Collected data:
^^^^^^^^^^^^^^^^
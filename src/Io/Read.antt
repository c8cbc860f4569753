-- ===== src/Io/Read.antt =====
-- io.c: fscc_io_read.
pub mod Frame
pub mod Stream
pub mod Bounds
pub mod Returned
pub mod Kept
use fscc_linux.Prelude.{ℕ, if◌then◌else◌}
use fscc_linux.Kernel.{Env, Ret}
use fscc_linux.State.{Port}
use fscc_linux.Port.Access.{is_streaming}
use Frame.{user_read_frame}
use Stream.{user_read_stream}

unfoldable pub io_read : Env → ℕ → Port → Ret × Port
io_read e count p = if is_streaming p then user_read_stream e count p else user_read_frame e count p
^^^^^^^^^^^^^^^^
__Work instructions__. Output the entries exactly.

__Response for this exercise__.
filename src/Io/Read.antt
repository c8cbc860f4569753
-- ===== src/Io/Read.antt =====
-- io.c: fscc_io_read.
pub mod Frame
pub mod Stream
pub mod Bounds
pub mod Returned
pub mod Kept
use fscc_linux.Prelude.{ℕ, if◌then◌else◌}
use fscc_linux.Kernel.{Env, Ret}
use fscc_linux.State.{Port}
use fscc_linux.Port.Access.{is_streaming}
use Frame.{user_read_frame}
use Stream.{user_read_stream}

unfoldable pub io_read : Env → ℕ → Port → Ret × Port
io_read e count p = if is_streaming p then user_read_stream e count p else user_read_frame e count p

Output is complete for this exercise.